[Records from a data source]
[Start of Attachment]
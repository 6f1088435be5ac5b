-- ===== src/Examples/Data.antt =====
-- A configuration of src/config.py, and what is observed under it.
use teslamate_watchdog.Shared.{
  [], ℕ, String, Bool, true, false, Option, none, some, List, ◌∷◌, str_eq,
}
use teslamate_watchdog.Shared.Strings.{split_at, non_empty}
use teslamate_watchdog.Shared.Int.{ascii_digit}
use teslamate_watchdog.Shared.Json.{Json}
use teslamate_watchdog.Python.{Python}
use teslamate_watchdog.Config.{Config}
use teslamate_watchdog.HttpCheck.{HttpCategory, HttpResult}
use teslamate_watchdog.StateMachine.{LogSignals, Observation}
use teslamate_watchdog.DockerClient.{
  ContainerRef, Proxy, Listed, Inspected, Post, answered, decoded, failed, responded, timed_out,
}

abbrev pub config : Config
config = record {
  teslamate_url = "http://teslamate:4000";
  teslamate_container = "teslamate";
  database_container = "database";
  docker_host = "tcp://docker-socket-proxy:2375";
  docker_timeout_seconds = 15;
  database_host = "database";
  database_port = 5432;
  teslamate_signin_pattern = "/sign_in";
  tesla_auth_host = "auth.tesla.com";
  tesla_auth_port = 443;
  logged_out_restart_enabled = true;
  signin_body_markers = "Sign in" ∷ [];
  mqtt_host = "mosquitto";
  mqtt_port = 1883;
  mqtt_username = "";
  mqtt_password = "";
  mqtt_tls = false;
  mqtt_tls_ca_cert = "";
  mqtt_tls_insecure = false;
  mqtt_base_topic = "teslamate_watchdog";
  teslamate_health_topic = "teslamate/cars/1/healthy";
  topics = record {
    health_filter = "teslamate/cars/+/healthy";
    state_filter = some "teslamate/cars/+/state";
    primary_car_id = some "1";
  };
  check_interval_seconds = 60;
  http_timeout_seconds = 10;
  mqtt_stale_seconds = 900;
  mqtt_parked_stale_seconds = 7200;
  staleness_detection_enabled = true;
  failure_confirmation_count = 3;
  recovery_confirmation_count = 2;
  logger_unhealthy_confirmation_count = 4;
  auto_restart_enabled = true;
  restart_cooldown_seconds = 1800;
  post_restart_wait_seconds = 120;
  max_restarts_per_24_hours = 2;
  diagnostic_dir = "/diagnostics";
  diagnostic_log_lookback = "30m";
  diagnostic_log_lookback_seconds = 1800;
  log_analysis_lookback = "10m";
  log_analysis_lookback_seconds = 600;
  diagnostic_retention_days = 30;
  ha_discovery_enabled = true;
  ha_discovery_prefix = "homeassistant";
  log_level = "INFO";
  patterns_file = "/app/config/patterns.yaml";
  data_dir = "/data";
  notes = [];
}

abbrev pub split_words : String → List String
split_words s = non_empty (split_at b' ' s)

abbrev pub split_lines : String → List String
split_lines s = split_at 10 s

abbrev pub python : Python
python = record {
  isoformat = λ t. "2026-01-01T00:00:00+00:00";
  decode = λ bytes. "";
  lower = λ s. s;
  upper = λ s. s;
  words = split_words;
  lines = split_lines;
  digit_value = ascii_digit;
  dumps = λ value. "{}";
  dumps_indented = λ value. "{}";
}

-- the configured sign-in pattern
abbrev pub is_sign_in : String → Bool
is_sign_in location = str_eq location "/sign_in"

abbrev pub no_float : String → Option ℕ
no_float s = none

abbrev pub as_text : Json → String
as_text v = ""

abbrev pub http_result : HttpCategory → HttpResult
http_result category = record {
  category = category;
  status_code = some 200;
  redirect_target = none;
  elapsed_ms = some 12;
  error = none;
  detail = none;
  checked_at = "now";
}

abbrev pub no_signals : LogSignals
no_signals = record {
  auth_refresh_failing = false;
  auth_lost = false;
  database_failure = false;
  token_decryption_failure = false;
  refresh_success = false;
  matches = [];
}

abbrev pub good : Observation
good = record {
  http = http_result HttpCategory.authenticated;
  logger_healthy = some true;
  logger_stale = false;
  logger_detail = "";
  database_healthy = some true;
  teslamate_container_running = some true;
  log_signals = some no_signals;
}

abbrev pub signed_out : Observation
signed_out = record good { http = http_result HttpCategory.logged_out }

abbrev pub vague : Observation
vague = record good { http = http_result HttpCategory.unknown }

abbrev pub stopped : Observation
stopped = record good { teslamate_container_running = some false }

abbrev pub silent : Observation
silent = record good { logger_healthy = some false }

abbrev pub teslamate_entry : Listed
teslamate_entry = record { id = some "4f1d"; names = "/teslamate" ∷ []; service = some "teslamate" }

abbrev pub database_entry : Listed
database_entry = record { id = some "9b2c"; names = "/database" ∷ []; service = some "database" }

abbrev pub teslamate_ref : ContainerRef
teslamate_ref = record { id = "4f1d"; name = "teslamate"; compose_service = some "teslamate" }

abbrev pub inspected : Bool → Option String → Inspected
inspected running health = record {
  state = some (record {
    running = some running;
    status = some "running";
    health = health;
    oom_killed = some false;
    exit_code = some 0;
    started_at = none;
    finished_at = none;
  });
  restart_count = some 0;
}

-- a proxy that sees both containers
abbrev pub proxy_with : Bool → Option String → Post → Proxy
proxy_with running health post = record {
  containers = answered 200 "" (decoded (database_entry ∷ teslamate_entry ∷ []));
  inspect = λ id. answered 200 "" (decoded (inspected running health));
  logs_reply = λ id since. failed "no logs";
  restart_reply = λ id. post;
}

abbrev pub proxy : Proxy
proxy = proxy_with true (some "healthy") (responded 204 "")

abbrev pub slow_proxy : Proxy
slow_proxy = proxy_with true (some "healthy") timed_out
[End of Attachment]
Exercise prompt:
The entries above hold the needed span. Transcribe exactly the lines from the one with "abbrev pub python : Python" to the one with "digit_value = ascii_digit;", both included.

Answer:
abbrev pub python : Python
python = record {
  isoformat = λ t. "2026-01-01T00:00:00+00:00";
  decode = λ bytes. "";
  lower = λ s. s;
  upper = λ s. s;
  words = split_words;
  lines = split_lines;
  digit_value = ascii_digit;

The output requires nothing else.